-- ===== src/Article/Votes.antt =====
-- internal/handlers/articleanalysis/analyzer.go: which languages the guess can name.
use calligraphy.Base.{
  ℕ, ◌*◌, ◌≤◌, ◌<◌, ◌≡◌, ◌≢◌, refl, sym, ap, ◌∙◌, ◌↔◌, ◌⊎◌, inl, inr, List, [], ◌∷◌, true, false,
  if◌then◌else◌, ltb, length, Bool-cases, arith,
}
use calligraphy.Article.Text.{Runes}
use calligraphy.Article.Language.{Language, en, es, fr, de, unknown, votes, pick, detect_language}
use calligraphy.Article.Picks.{In, Best, pick-cons, pick-Best}

votes-unknown : (ws : List Runes) → votes unknown ws ≡ 0
unfolding votes
votes-unknown [] = refl
votes-unknown (w ∷ ws) = omega (arith, votes-unknown ws)

-- A language that the guess can name: of at least ten words, at least 8 in 100 voted for it, and no
-- language has more votes.
pub record Leads (ws : List Runes) (l : Language) : Type 0 where
  pub enough : 10 ≤ length ws
  pub most : (k : Language) → votes k ws ≤ votes l ws
  pub floor : length ws * 8 ≤ votes l ws * 100

abbrev pub Distinct : List Language → Type 0
Distinct [] = Unit {0}
Distinct (l ∷ ls) = ¬ In l ls × Distinct ls

-- What a range over the map of votes visits, in some order: each language that has a vote, once.
pub record IsRange (score : Language → ℕ) (order : List Language) : Type 0 where
  pub once : Distinct order
  pub complete : (l : Language) → 0 < score l → In l order
  pub sound : (l : Language) → In l order → 0 < score l

-- A range that visits a given language first.
voted : (Language → ℕ) → List Language → List Language
voted score [] = []
voted score (k ∷ ks) = let rest = voted score ks in if ltb 0 (score k) then k ∷ rest else rest

abbrev rest_of : Language → List Language
rest_of en = es ∷ fr ∷ de ∷ []
rest_of es = en ∷ fr ∷ de ∷ []
rest_of fr = en ∷ es ∷ de ∷ []
rest_of de = en ∷ es ∷ fr ∷ []
rest_of unknown = []

module _ (score : Language → ℕ) where
  voted_sound :
      (ks : List Language) (l : Language) → In l (voted score ks) → In l ks × (0 < score l)
  unfolding voted
  voted_sound [] l h = absurd h
  voted_sound (k ∷ ks) l h = elim (Bool-cases (ltb 0 (score k))) [
    | inr e ↦ let (i, p) = voted_sound ks l (rw (e) at h) in (inr i, p)
    | inl e ↦
        let h' : (l ≡ k) ⊎ In l (voted score ks) = rw (e) at h in
        elim h' [
          | inl q ↦ (inl q, rw q (ground (arith, e)))
          | inr i ↦ let (j, p) = voted_sound ks l i in (inr j, p)
        ]
  ]

  voted_complete :
      (ks : List Language) (l : Language) → In l ks → 0 < score l → In l (voted score ks)
  unfolding voted
  voted_complete [] l h p = absurd h
  voted_complete (k ∷ ks) l (inl q) p =
      let e : ltb 0 (score k) ≡ true = ground (arith, ap score q) in rw e (inl q)
  voted_complete (k ∷ ks) l (inr i) p = elim (Bool-cases (ltb 0 (score k))) [
    | inl e ↦ rw e (inr (voted_complete ks l i p))
    | inr e ↦ rw e (voted_complete ks l i p)
  ]

  voted-Distinct : (ks : List Language) → Distinct ks → Distinct (voted score ks)
  unfolding voted
  voted-Distinct [] d = tt
  voted-Distinct (k ∷ ks) d = elim (Bool-cases (ltb 0 (score k))) [
    | inl e ↦ rw e ((λ i. d.0 (voted_sound ks k i).0), voted-Distinct ks d.1)
    | inr e ↦ rw e (voted-Distinct ks d.1)
  ]

named : List Language
named = en ∷ es ∷ fr ∷ de ∷ []

first-all : (l : Language) → l ≢ unknown → (k : Language) → k ≢ unknown → In k (l ∷ rest_of l)
first-all en h k g = ground arith
first-all es h k g = ground arith
first-all fr h k g = ground arith
first-all de h k g = ground arith
first-all unknown h k g = absurd (h refl)

first-Distinct : (l : Language) → Distinct (l ∷ rest_of l)
first-Distinct en = ground arith
first-Distinct _ = ground arith

module _ (ws : List Runes) where
  abbrev score : Language → ℕ
  score k = votes k ws

  detected :
      (order : List Language) (l : Language)
      → l ≢ unknown
      → detect_language order ws ≡ l
      → let (b, m) = pick score order (unknown, 0) in
        (10 ≤ length ws) × (length ws * 8 ≤ m * 100) × (b ≡ l)
  unfolding detect_language
  detected order l h e = (grind (arith, e, h), grind (arith, e, h), grind (arith, e, h))

  Best-Leads :
      (order : List Language) (l : Language) (r : Language × ℕ)
      → l ≢ unknown
      → IsRange score order
      → 10 ≤ length ws
      → length ws * 8 ≤ r.1 * 100
      → r.0 ≡ l
      → Best score order (unknown, 0) r
      → Leads ws l
  Best-Leads order l (b, m) h range enough floor e (up, top, inl (f, g)) = absurd (h (sym e ∙ f))
  Best-Leads order l (b, m) h range enough floor e (up, top, inr (i, f, g)) =
      let full : m ≡ score l = f ∙ ap score e in
      record {
        enough = enough;
        most = λ k. most k full (Bool-cases (ltb 0 (score k)));
        floor = omega arith;
      }
    where
      most :
          (k : Language)
          → m ≡ score l
          → (ltb 0 (score k) ≡ true) ⊎ (ltb 0 (score k) ≡ false)
          → score k ≤ score l
      most k full (inl p) =
          let low = top k (range.complete k (ground (arith, p))) in omega (arith, low)
      most k full (inr p) = ground (arith, p)

  Leads-pick :
      (order : List Language) (l : Language) (r : Language × ℕ)
      → Leads ws l
      → Best score order (l, score l) r
      → r ≡ (l, score l)
  Leads-pick order l (b, m) leads (up, top, inl (e, f)) = cc
  Leads-pick order l (b, m) leads (up, top, inr (i, f, g)) = absurd (omega (arith, leads.most b))

  leader-IsRange : (l : Language) → l ≢ unknown → IsRange score (voted score (l ∷ rest_of l))
  leader-IsRange l h = record {
    once = voted-Distinct score (l ∷ rest_of l) (first-Distinct l);
    complete = λ k p.
        voted_complete score (l ∷ rest_of l) k
          (first-all l h k (λ e. absurd (omega (arith, ap score e, votes-unknown ws)))) p;
    sound = λ k i. (voted_sound score (l ∷ rest_of l) k i).1;
  }

  voted_first :
      (l : Language) (ks : List Language) → 0 < score l → voted score (l ∷ ks) ≡ l ∷ voted score ks
  unfolding voted
  voted_first l ks p = ground (arith, p)

  leader_picked :
      (l : Language) (ks : List Language)
      → Leads ws l
      → 0 < score l
      → pick score (l ∷ ks) (unknown, 0) ≡ (l, score l)
  leader_picked l ks leads p = elim (pick-cons score l ks unknown 0) [
    | inr (le, e) ↦ absurd (omega arith)
    | inl (lt, e) ↦
        e ∙ Leads-pick ks l (pick score ks (l, score l)) leads (pick-Best score ks l (score l))
  ]

  confidently :
      (order : List Language) (l : Language)
      → Leads ws l
      → pick score order (unknown, 0) ≡ (l, score l)
      → detect_language order ws ≡ l
  unfolding detect_language
  confidently order l leads e = grind (arith, e, leads.enough, leads.floor)

  leader_answers :
      (l : Language) → Leads ws l → detect_language (voted score (l ∷ rest_of l)) ws ≡ l
  leader_answers l leads =
      let p : 0 < score l = omega (arith, leads.enough, leads.floor) in
      rw (voted_first l (rest_of l) p) (
        confidently (l ∷ voted score (rest_of l)) l leads
          (leader_picked l (voted score (rest_of l)) leads p))

-- The answers that the guess can give: besides `unknown`, a language is the answer in some order of
-- the range over the votes exactly if at least 8 in 100 of at least ten words voted for it, and no
-- language has more votes. So where two languages lead, the same text has two answers.
pub detect_language_iff :
    (ws : List Runes) (l : Language)
    → l ≢ unknown
    → ((order : List Language) × IsRange (λ k. votes k ws) order × (detect_language order ws ≡ l))
      ↔ Leads ws l
detect_language_iff ws l h = (
  (λ (order, range, e).
      let (enough, floor, same) = detected ws order l h e in
      Best-Leads ws order l (pick (score ws) order (unknown, 0)) h range enough floor same
        (pick-Best (score ws) order unknown 0)),
  (λ leads. (voted (score ws) (l ∷ rest_of l), leader-IsRange ws l h, leader_answers ws l leads)),
)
--*--
*Work to be completed*: Reproduce, exactly and only, the lines running from the one with "let p : 0 <" to the end of the listing above.

*Reply*:
      let p : 0 < score l = omega (arith, leads.enough, leads.floor) in
      rw (voted_first l (rest_of l) p) (
        confidently (l ∷ voted score (rest_of l)) l leads
          (leader_picked l (voted score (rest_of l)) leads p))

-- The answers that the guess can give: besides `unknown`, a language is the answer in some order of
-- the range over the votes exactly if at least 8 in 100 of at least ten words voted for it, and no
-- language has more votes. So where two languages lead, the same text has two answers.
pub detect_language_iff :
    (ws : List Runes) (l : Language)
    → l ≢ unknown
    → ((order : List Language) × IsRange (λ k. votes k ws) order × (detect_language order ws ≡ l))
      ↔ Leads ws l
detect_language_iff ws l h = (
  (λ (order, range, e).
      let (enough, floor, same) = detected ws order l h e in
      Best-Leads ws order l (pick (score ws) order (unknown, 0)) h range enough floor same
        (pick-Best (score ws) order unknown 0)),
  (λ leads. (voted (score ws) (l ∷ rest_of l), leader-IsRange ws l h, leader_answers ws l leads)),
)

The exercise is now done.